4.3.2 Jesus acalma uma tempestade
No Novo Testamento não encontramos muitos exemplos relacionados ao tema em questão, contudo, é clara a idéia de que Deus domina sobre os elementos da natureza e, quando ele faz isso, ele opera crescimento e despertamento espiritual.
Uma das passagens mais significativas das Escrituras é o registro de Mateus 8:27, onde se lê: “E maravilharam-se os homens, dizendo: Quem é este que até os ventos e o mar” lhe obedecem?” . Ao repreender os ventos e o mar, acalmando aquela tempestade, Jesus mostrou seu poder em controlar a força dos ventos, ensejando assim o crescimento espiritual dos seus discípulos. Ao comentar esse texto John Gill afirma que ao revelar o seu poder sobre aquela tempestade Jesus se revelou como o Deus Todo Poderoso, alguém revestido de um brilho de majestade e de poder divino.
Deste modo entendemos que os exemplos bíblicos nos dão a segurança que precisamos para reconhecer que os males, chamados por muitos de naturais, acontecem sob o governo soberano e providencial de Deus. Ainda que nossa mente não possa alcançar e identificar todos os detalhes do propósito divino, ela, orientada pelas Escrituras Sagradas, não tem como negar a ação de Deus no meio das tragédias.
Exemplos como o de Noé, Elias e outros nos ajudam a entender que é perfeitamente normal esperar que Deus execute juízos parciais através dos elementos da natureza.
CONCLUSÃO
Não há como negar o controle absoluto de Deus sobre todas as coisas. No exercício da sua providência ele faz com que todos os termos do seu Decreto sejam cumpridos. E, se não cremos desta maneira, não temos como sustentar a idéia de um Deus soberano que governa, com segurança, todas as coisas para o fim que ele mesmo determinou.

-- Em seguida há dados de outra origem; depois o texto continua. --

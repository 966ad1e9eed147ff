-- ===== src/Auth/Isolation.antt =====
-- Requests without credentials under a path prefix that the authentication middleware guards.
use adequate_api_cpp.Base.{
  ℕ, ◌≡◌, refl, ◌∙◌, inl, inr, Bool, true, false, List, [], ◌∷◌, Option, none, some, Str, str,
  starts_with, Result, ok, throw, M, Bool-cases, Option-cases, All, ltb, length, is_empty,
}
use adequate_api_cpp.Base.Decimal.{ℤ}
use adequate_api_cpp.Http.Libraries.{JsonLib, HttpLib}
use adequate_api_cpp.Http.Request.{Request, Verb, options, verb_eq, is_std, what}
use adequate_api_cpp.Http.Renderer.{error}
use adequate_api_cpp.Router.{
  Env, Handler, Middleware, RouteEntry, Router, run_chain, run_after, scoped_for, find_verb,
  find_route, normalize_target, collect_middlewares_for, assign_params,
}
use adequate_api_cpp.Router.Chain.{IsDefaultAfter, run_after-default, status-render, status-error}
use adequate_api_cpp.Router.Dispatch.{
  render, unindented, check_body, unsupported, call_handler, auto_head, checked, head_of,
  auto_options, matched, dispatch, with_method, after_check, allow_of,
}
use adequate_api_cpp.Auth.Middleware.{handle, authentication, unauthorized_outcome}
use adequate_api_cpp.Auth.Refusal.{
  check_body-header, auto_options-false, Rejection, bad_request, not_found, method_not_allowed,
  payload_too_large, unsupported_media_type, TurnedAway, refused, rejected, listed, failed,
  IsUnauthorized, IsRefused, IsRefused-IsUnauthorized,
}

module _ (J : JsonLib) (H : HttpLib) {W : Type 0} (decode : Str → M W ℤ) (exists : ℤ → M W Bool)
    (message : Str) (w w' : W) where
  abbrev guard : List (Middleware J H W)
  guard = authentication decode exists ∷ []

  guard-IsDefaultAfter : All IsDefaultAfter guard
  unfolding authentication
  guard-IsDefaultAfter = (λ q res w. refl, tt)

  chain-refused :
      (fn : Handler J H W) (q : Request)
      → IsUnauthorized decode exists message w w' q
      → run_chain guard fn (q, w) ≡ (ok (unauthorized_outcome J H message), (q, w'))
  unfolding run_chain authentication handle
  chain-refused fn q h = rw h refl

  status-unauthorized : (q : Request) → H.status (render q (unauthorized_outcome J H message)) ≡ 401
  unfolding render
  status-unauthorized q = status-render J H q 401 _ true [] _

  call_handler-refused :
      (fn : Handler J H W) (q : Request)
      → IsUnauthorized decode exists message w w' q
      → (res : H.Response) × (call_handler guard fn (q, w) ≡ (ok res, (q, w')))
        × (H.status res ≡ 401)
  unfolding call_handler
  call_handler-refused fn q h = (
    render q (unauthorized_outcome J H message),
    rw
        (
          chain-refused fn q h,
          run_after-default guard (render q (unauthorized_outcome J H message)) q w'
              guard-IsDefaultAfter,
        )
        refl,
    status-unauthorized q,
  )

  auto_head-refused :
      (fn : Handler J H W) (q : Request)
      → IsUnauthorized decode exists message w w' q
      → (res : H.Response) × (auto_head guard fn (q, w) ≡ (ok res, (q, w'))) × (H.status res ≡ 401)
  unfolding auto_head
  auto_head-refused fn q h = (
    H.set (str "Content-Length") (str "0")
        (H.set_body [] (render q (unauthorized_outcome J H message))),
    rw (chain-refused fn q h) (run_after-default guard _ q w' guard-IsDefaultAfter),
    H.status-set _ _ _ ∙ H.status-set_body _ _ ∙ status-unauthorized q,
  )

  abbrev Turned : Request → Result H.Response × (Request × W) → Type 0
  Turned q out = TurnedAway H q.method w w' out

  Turned-refused :
      (q : Request) (out : Result H.Response × (Request × W))
      → (res : H.Response) × (out ≡ (ok res, (q, w'))) × (H.status res ≡ 401)
      → Turned q out
  Turned-refused q out (res, e, s) = rw e (refused res q s)

  Turned-rejected :
      {st : ℕ} (q : Request) (r : H.Response)
      → Rejection st
      → H.status r ≡ st
      → Turned q (run_after guard r (q, w))
  Turned-rejected q r x s =
      rw (run_after-default guard r q w guard-IsDefaultAfter) (rejected r q x s)

  after_check-Turned :
      (fn : Handler J H W) (q : Request) (r : Result Request)
      → IsUnauthorized decode exists message w w' q
      → ((q' : Request) → r ≡ ok q' → q'.authorization_header ≡ q.authorization_header)
      → Turned q (after_check guard fn r (q, w))
  unfolding render
  after_check-Turned fn q (ok q') h same =
      let (res, e, s) = call_handler-refused fn q' (rw (same q' refl) h) in rw e (refused res q' s)
  after_check-Turned fn q (throw e) h same = elim (Bool-cases (is_std e)) [
    | inr n ↦ rw n (failed e q n)
    | inl y ↦ elim (Bool-cases (is_empty (what e))) [
      | inl z ↦ rw (y, z) (Turned-refused q _ (call_handler-refused fn q h))
      | inr z ↦
          rw (y, z)
            (Turned-rejected q (error J H q 400 (what e) false [] unindented) bad_request
              (status-error J H q 400 _ false _ _))
    ]
  ]

  checked-Turned :
      (env : Env) (mm : List (Verb × Handler J H W)) (allowed : List Str) (fn : Handler J H W)
      (q : Request)
      → IsUnauthorized decode exists message w w' q
      → Turned q (checked env mm allowed guard fn (q, w))
  unfolding checked render
  checked-Turned env mm allowed fn q h = elim (Bool-cases (unsupported allowed q)) [
    | inl u ↦ rw u (
        Turned-rejected q
          (error J H q 415 (str "Unsupported media type") false (allow_of mm) unindented)
          unsupported_media_type (status-error J H q 415 _ false _ _))
    | inr u ↦ elim (Bool-cases (ltb env.file_upload_limit_size (length q.body))) [
      | inl l ↦
          rw (u, l)
            (Turned-rejected q
              (error J H q 413 (str "Payload is too large") false (allow_of mm) unindented)
              payload_too_large (status-error J H q 413 _ false _ _))
      | inr l ↦
          rw (u, l) (after_check-Turned fn q (check_body J H env q) h (check_body-header J H env q))
    ]
  ]

  listed-Turned :
      (q : Request) (r : H.Response)
      → verb_eq q.method options ≡ true
      → H.status r ≡ 200
      → Turned q (run_after guard r (q, w))
  listed-Turned q r o s = rw (run_after-default guard r q w guard-IsDefaultAfter) (listed r q o s)

  module _ {Meta : Type 0} (headers_json : List (Str × Str) → J.Json) (env : Env) where
    with_method-Turned :
        (entry : RouteEntry J H W Meta) (found : Option (Handler J H W)) (q : Request)
        → IsUnauthorized decode exists message w w' q
        → Turned q (with_method env entry guard found (q, w))
    unfolding render
    with_method-Turned entry none q h =
        Turned-rejected q
          (error J H q 405 (str "Method Not Allowed") false (allow_of entry.methods) unindented)
          method_not_allowed (status-error J H q 405 _ false _ _)
    with_method-Turned entry (some fn) q h = checked-Turned env entry.methods _ fn q h

    matched-Turned :
        (entry : RouteEntry J H W Meta) (q : Request)
        → IsUnauthorized decode exists message w w' q
        → Turned q (matched headers_json env entry guard (q, w))
    unfolding matched render
    matched-Turned entry q h = elim (Option-cases (head_of entry q.method)) [
      | inr (fn, x) ↦ rw (x, matched) (Turned-refused q _ (auto_head-refused fn q h))
      | inl x ↦ elim (Bool-cases (verb_eq q.method options)) [
        | inl o ↦ elim (Bool-cases (auto_options entry q.method)) [
          | inl a ↦ rw (x, matched, a) (listed-Turned q _ o (status-render J H q 200 _ true _ _))
          | inr a ↦
              rw (x, matched, a) (with_method-Turned entry (find_verb q.method entry.methods) q h)
        ]
        | inr o ↦
            rw (x, matched, auto_options-false entry q.method o)
              (with_method-Turned entry (find_verb q.method entry.methods) q h)
      ]
    ]

module _ (J : JsonLib) (H : HttpLib) {W Meta : Type 0} (decode : Str → M W ℤ)
    (exists : ℤ → M W Bool) where
  -- The authentication middleware as the only one, for the paths with a prefix.
  abbrev pub IsGuardedBy : Str → Router J H W Meta → Type 0
  IsGuardedBy prefix router =
      (router.global_middlewares ≡ [])
      × (router.scoped_middlewares ≡ (prefix, authentication decode exists) ∷ [])

  collect-guard :
      (prefix path : Str) (router : Router J H W Meta)
      → IsGuardedBy prefix router
      → starts_with prefix path ≡ true
      → collect_middlewares_for router path ≡ authentication decode exists ∷ []
  unfolding collect_middlewares_for scoped_for
  collect-guard prefix path router g s = rw (g.0, g.1, s) refl

  -- Under a prefix that only the authentication middleware guards, a request is turned away whatever
  -- the routes and their handlers are, if it has no header "Authorization", or one that does not
  -- start with "Bearer ", or a token that the JWT service refuses, or one of a user that does not
  -- exist: with a 401 response in the world that finding this out left; or, before that, with 400,
  -- 404, 405, 413 or 415, with the listing that answers OPTIONS, or with an exception outside the
  -- standard hierarchy, and then the world is unchanged.
  pub dispatch_isolates :
      (headers_json : List (Str × Str) → J.Json) (env : Env) (router : Router J H W Meta)
      (prefix : Str) (q : Request) (w w' : W)
      → IsGuardedBy prefix router
      → starts_with prefix (normalize_target q) ≡ true
      → IsRefused decode exists w q.authorization_header w'
      → TurnedAway H q.method w w' (dispatch headers_json router env (q, w))
  unfolding dispatch render
  dispatch_isolates headers_json env router prefix q w w' g s refusal =
      let (message, h) =
        IsRefused-IsUnauthorized decode exists w q.authorization_header w' refusal in
      elim (Option-cases (find_route (normalize_target q) router.table)) [
        | inl n ↦
            rw (n, dispatch, collect-guard prefix (normalize_target q) router g s)
              (Turned-rejected J H decode exists message w w' q
                (error J H q 404 (str "Not found") false [] unindented) not_found
                (status-error J H q 404 _ false _ _))
        | inr ((entry, caps), f) ↦
            rw (f, dispatch, collect-guard prefix (normalize_target q) router g s)
              (matched-Turned J H decode exists message w w' headers_json env entry
                (record q { path_params = assign_params entry.param_names caps [] }) h)
      ]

Assim, desde que o pecado entrou no mundo cremos que Deus tem manifestado a sua ira contra toda a impiedade e muitas vezes ele faz isso através do uso de meios, ou seja, mediatamente. E, dentre esses meios, estão os elementos da natureza usados como instrumentos de manifestação da sua justiça.
A geração de Noé e os contemporâneos de Elias, especialmente, puderam contemplar o poder de Deus exercido sobre toda a criação. Eles puderam testificar o que, posteriormente, foi sustentado pelo profeta Isaías que declarou: Isaías 29:6 “Do SENHOR dos Exércitos vem o castigo com trovões, com terremotos, grande estrondo, tufão de vento, tempestade e chamas devoradoras.”.
Deste modo concluímos nosso trabalho na certeza de que o Senhor domina sobre tudo e sobre todos. Sobre os homens, sobre os céus, sobre a terra, enfim, sobre toda a sua criação, conduzindo todas as coisas para o cumprimento do seu propósito preordenado na eternidade.
REFERÊNCIAS BIBLIOGRÁFICAS
A Confissão de Fé, o Catecismo Maior, o Breve Catecismo. 1. ed. São Paulo: Casa Editora Presbiteriana, 1991. 451p.